Start of Task input

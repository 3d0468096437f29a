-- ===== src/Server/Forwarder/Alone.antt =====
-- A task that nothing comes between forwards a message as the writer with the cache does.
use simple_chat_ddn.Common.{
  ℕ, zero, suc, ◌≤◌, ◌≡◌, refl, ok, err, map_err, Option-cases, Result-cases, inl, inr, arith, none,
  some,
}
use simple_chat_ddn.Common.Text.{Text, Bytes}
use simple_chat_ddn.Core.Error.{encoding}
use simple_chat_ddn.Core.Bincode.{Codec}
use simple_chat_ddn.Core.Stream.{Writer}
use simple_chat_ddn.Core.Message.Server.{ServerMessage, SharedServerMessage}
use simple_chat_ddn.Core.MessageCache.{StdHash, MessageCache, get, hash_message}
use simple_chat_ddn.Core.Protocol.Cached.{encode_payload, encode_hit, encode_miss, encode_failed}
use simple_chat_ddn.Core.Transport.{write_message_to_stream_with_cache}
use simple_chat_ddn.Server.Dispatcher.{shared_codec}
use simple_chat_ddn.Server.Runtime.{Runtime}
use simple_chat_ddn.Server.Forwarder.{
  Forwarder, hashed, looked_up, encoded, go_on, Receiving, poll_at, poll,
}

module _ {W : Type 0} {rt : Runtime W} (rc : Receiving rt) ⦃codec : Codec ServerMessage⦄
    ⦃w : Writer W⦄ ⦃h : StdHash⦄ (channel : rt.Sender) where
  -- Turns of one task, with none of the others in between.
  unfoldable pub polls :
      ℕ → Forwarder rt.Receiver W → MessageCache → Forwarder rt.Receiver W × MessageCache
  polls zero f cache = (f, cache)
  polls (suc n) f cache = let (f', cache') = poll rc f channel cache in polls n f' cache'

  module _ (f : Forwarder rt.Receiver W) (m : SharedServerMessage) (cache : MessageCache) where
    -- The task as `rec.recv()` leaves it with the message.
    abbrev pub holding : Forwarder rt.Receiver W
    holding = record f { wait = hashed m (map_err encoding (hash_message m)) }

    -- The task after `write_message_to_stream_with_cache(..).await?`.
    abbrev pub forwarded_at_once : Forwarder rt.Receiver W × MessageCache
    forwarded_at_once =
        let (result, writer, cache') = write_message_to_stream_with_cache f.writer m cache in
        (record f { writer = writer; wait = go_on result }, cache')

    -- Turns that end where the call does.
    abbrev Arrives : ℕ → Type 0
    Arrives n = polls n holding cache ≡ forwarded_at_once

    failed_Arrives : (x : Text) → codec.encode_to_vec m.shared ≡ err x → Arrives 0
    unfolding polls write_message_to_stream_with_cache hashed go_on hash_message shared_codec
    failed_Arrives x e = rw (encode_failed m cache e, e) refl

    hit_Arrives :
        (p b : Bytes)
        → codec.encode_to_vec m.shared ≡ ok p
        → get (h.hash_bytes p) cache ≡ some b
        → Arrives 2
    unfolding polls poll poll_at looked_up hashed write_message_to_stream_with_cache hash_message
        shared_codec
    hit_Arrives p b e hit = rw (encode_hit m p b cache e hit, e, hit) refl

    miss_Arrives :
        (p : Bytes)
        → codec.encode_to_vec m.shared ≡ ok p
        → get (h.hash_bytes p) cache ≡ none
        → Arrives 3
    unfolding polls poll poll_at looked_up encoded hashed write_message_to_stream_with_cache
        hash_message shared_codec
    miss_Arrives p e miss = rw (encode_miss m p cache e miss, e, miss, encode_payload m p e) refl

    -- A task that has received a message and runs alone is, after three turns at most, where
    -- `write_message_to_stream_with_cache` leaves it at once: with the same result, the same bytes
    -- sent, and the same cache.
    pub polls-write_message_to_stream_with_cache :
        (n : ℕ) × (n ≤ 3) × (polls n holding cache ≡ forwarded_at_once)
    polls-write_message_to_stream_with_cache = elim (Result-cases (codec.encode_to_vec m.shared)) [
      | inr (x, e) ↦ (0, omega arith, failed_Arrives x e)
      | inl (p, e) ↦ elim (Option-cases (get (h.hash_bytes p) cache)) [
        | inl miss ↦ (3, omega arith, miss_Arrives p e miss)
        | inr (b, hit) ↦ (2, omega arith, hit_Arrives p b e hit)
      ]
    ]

End of Task input
Start of Task input

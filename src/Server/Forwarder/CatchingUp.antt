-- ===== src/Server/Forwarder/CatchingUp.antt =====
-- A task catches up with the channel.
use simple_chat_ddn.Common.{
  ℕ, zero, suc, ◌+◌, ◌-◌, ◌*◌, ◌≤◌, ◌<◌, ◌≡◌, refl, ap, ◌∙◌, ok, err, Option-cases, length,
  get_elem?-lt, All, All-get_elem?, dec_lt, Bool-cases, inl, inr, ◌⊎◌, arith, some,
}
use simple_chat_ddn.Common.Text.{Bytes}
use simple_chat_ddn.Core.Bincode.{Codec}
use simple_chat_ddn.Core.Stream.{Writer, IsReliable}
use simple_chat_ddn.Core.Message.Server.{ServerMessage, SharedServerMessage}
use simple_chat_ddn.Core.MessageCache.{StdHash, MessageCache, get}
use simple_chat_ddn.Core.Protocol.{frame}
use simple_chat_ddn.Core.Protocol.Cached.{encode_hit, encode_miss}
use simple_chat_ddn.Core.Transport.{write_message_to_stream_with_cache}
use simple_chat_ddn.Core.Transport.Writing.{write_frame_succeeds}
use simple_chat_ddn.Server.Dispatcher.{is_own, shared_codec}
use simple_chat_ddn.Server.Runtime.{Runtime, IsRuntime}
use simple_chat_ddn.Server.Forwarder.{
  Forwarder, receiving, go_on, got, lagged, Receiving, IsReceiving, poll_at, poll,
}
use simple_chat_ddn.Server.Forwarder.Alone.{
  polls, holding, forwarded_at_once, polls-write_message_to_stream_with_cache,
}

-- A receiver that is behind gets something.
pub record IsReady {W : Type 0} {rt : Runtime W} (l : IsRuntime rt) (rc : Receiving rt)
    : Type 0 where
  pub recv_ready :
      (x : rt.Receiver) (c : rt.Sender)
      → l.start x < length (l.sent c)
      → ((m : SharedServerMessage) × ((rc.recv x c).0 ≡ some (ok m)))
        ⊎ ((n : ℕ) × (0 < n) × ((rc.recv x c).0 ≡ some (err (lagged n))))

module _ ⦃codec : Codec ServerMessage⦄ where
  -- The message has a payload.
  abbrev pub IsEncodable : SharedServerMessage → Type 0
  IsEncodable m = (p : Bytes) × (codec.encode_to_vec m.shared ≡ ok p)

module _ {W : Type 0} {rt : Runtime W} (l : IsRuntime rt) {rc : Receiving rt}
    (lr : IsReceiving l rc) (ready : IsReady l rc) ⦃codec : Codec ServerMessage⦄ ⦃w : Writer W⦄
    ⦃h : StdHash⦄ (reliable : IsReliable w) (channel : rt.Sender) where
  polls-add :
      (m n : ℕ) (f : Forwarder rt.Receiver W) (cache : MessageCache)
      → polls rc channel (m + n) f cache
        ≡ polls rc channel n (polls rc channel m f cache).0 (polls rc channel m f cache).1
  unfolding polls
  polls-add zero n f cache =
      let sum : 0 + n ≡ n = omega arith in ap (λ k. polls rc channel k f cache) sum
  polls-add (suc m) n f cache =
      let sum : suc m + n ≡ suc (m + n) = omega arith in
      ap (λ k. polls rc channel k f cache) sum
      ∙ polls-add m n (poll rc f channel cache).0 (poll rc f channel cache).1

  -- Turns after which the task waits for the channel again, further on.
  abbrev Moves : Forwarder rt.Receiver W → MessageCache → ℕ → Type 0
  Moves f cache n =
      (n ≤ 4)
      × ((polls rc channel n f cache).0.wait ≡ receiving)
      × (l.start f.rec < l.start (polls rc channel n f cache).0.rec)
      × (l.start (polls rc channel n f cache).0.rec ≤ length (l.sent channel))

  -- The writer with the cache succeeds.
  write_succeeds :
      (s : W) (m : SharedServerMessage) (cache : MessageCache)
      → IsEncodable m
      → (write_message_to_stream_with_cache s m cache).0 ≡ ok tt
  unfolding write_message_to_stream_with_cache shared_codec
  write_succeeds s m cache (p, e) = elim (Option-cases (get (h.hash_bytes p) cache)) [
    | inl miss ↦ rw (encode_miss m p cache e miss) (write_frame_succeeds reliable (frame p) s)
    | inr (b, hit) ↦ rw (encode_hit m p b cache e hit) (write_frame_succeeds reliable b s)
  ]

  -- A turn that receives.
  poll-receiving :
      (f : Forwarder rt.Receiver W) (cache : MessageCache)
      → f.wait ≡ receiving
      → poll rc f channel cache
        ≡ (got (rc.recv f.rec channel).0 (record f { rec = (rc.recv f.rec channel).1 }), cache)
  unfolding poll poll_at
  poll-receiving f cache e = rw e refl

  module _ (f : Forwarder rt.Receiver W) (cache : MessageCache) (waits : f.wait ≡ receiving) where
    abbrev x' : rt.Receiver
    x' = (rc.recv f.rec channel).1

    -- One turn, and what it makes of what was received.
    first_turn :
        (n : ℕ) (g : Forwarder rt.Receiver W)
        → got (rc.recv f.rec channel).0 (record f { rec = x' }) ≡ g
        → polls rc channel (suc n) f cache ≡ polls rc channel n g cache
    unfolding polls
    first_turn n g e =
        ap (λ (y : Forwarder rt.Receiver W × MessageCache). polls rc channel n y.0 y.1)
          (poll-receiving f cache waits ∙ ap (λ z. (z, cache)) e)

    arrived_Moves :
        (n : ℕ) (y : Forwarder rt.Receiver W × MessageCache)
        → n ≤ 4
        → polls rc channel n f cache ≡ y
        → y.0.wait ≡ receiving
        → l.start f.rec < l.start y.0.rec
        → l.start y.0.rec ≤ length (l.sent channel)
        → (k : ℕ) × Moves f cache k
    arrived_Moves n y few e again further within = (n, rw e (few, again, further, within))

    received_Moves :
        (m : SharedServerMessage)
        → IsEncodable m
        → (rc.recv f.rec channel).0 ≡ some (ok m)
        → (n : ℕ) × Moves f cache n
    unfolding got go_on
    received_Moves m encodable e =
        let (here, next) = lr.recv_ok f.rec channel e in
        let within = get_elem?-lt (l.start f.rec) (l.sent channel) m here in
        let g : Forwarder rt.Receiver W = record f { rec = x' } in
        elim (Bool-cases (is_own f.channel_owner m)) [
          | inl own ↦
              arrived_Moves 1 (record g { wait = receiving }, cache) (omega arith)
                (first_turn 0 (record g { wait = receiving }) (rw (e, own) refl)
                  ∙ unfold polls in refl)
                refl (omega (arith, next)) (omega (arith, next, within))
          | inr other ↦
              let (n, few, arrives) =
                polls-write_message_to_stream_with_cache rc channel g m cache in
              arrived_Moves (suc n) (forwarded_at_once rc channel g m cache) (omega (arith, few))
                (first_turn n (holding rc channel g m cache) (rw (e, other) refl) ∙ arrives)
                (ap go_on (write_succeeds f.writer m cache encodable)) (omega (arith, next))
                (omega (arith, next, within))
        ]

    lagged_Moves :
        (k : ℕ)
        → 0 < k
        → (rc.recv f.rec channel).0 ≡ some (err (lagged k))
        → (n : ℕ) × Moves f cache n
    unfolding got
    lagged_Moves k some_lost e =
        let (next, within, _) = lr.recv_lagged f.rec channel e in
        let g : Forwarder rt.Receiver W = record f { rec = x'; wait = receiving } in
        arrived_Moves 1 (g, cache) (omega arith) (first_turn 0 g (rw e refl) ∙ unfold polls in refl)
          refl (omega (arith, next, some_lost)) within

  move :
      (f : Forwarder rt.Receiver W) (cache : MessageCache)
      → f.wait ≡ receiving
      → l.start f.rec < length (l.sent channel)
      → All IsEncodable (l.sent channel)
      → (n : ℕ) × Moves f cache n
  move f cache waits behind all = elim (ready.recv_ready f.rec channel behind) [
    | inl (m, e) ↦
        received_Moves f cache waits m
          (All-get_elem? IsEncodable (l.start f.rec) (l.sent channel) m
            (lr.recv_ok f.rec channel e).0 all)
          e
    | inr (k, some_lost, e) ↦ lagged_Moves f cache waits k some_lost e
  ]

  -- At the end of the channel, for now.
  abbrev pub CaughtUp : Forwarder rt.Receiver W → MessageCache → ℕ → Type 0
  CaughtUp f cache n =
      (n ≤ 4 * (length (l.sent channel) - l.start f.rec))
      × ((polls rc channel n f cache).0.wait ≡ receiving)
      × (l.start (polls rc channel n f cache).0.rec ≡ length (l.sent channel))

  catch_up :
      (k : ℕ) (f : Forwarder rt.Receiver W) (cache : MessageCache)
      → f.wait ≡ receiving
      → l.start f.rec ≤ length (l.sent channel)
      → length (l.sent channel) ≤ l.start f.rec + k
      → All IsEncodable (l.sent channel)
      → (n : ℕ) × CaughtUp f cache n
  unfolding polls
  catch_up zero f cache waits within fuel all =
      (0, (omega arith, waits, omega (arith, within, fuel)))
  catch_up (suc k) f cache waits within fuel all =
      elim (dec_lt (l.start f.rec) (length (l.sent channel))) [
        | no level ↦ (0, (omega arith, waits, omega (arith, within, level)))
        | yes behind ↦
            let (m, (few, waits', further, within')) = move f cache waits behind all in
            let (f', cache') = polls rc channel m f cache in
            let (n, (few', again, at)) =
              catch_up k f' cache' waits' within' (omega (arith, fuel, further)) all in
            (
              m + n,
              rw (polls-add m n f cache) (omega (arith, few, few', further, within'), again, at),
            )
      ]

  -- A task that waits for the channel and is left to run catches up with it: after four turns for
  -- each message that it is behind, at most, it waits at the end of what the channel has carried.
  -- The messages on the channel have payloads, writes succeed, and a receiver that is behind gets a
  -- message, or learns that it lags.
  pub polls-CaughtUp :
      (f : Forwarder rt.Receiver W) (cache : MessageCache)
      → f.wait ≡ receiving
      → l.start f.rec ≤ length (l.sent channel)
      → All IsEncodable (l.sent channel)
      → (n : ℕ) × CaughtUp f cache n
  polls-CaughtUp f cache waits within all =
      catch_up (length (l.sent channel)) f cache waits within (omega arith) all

End of Task input

Return word for word the lines above from the line with "let (n, (few', again, at))" to the line with "catch_up (length (l.sent", including both and leaving out all others.

#### Exercise solution
            let (n, (few', again, at)) =
              catch_up k f' cache' waits' within' (omega (arith, fuel, further)) all in
            (
              m + n,
              rw (polls-add m n f cache) (omega (arith, few, few', further, within'), again, at),
            )
      ]

  -- A task that waits for the channel and is left to run catches up with it: after four turns for
  -- each message that it is behind, at most, it waits at the end of what the channel has carried.
  -- The messages on the channel have payloads, writes succeed, and a receiver that is behind gets a
  -- message, or learns that it lags.
  pub polls-CaughtUp :
      (f : Forwarder rt.Receiver W) (cache : MessageCache)
      → f.wait ≡ receiving
      → l.start f.rec ≤ length (l.sent channel)
      → All IsEncodable (l.sent channel)
      → (n : ℕ) × CaughtUp f cache n
  polls-CaughtUp f cache waits within all =
      catch_up (length (l.sent channel)) f cache waits within (omega arith) all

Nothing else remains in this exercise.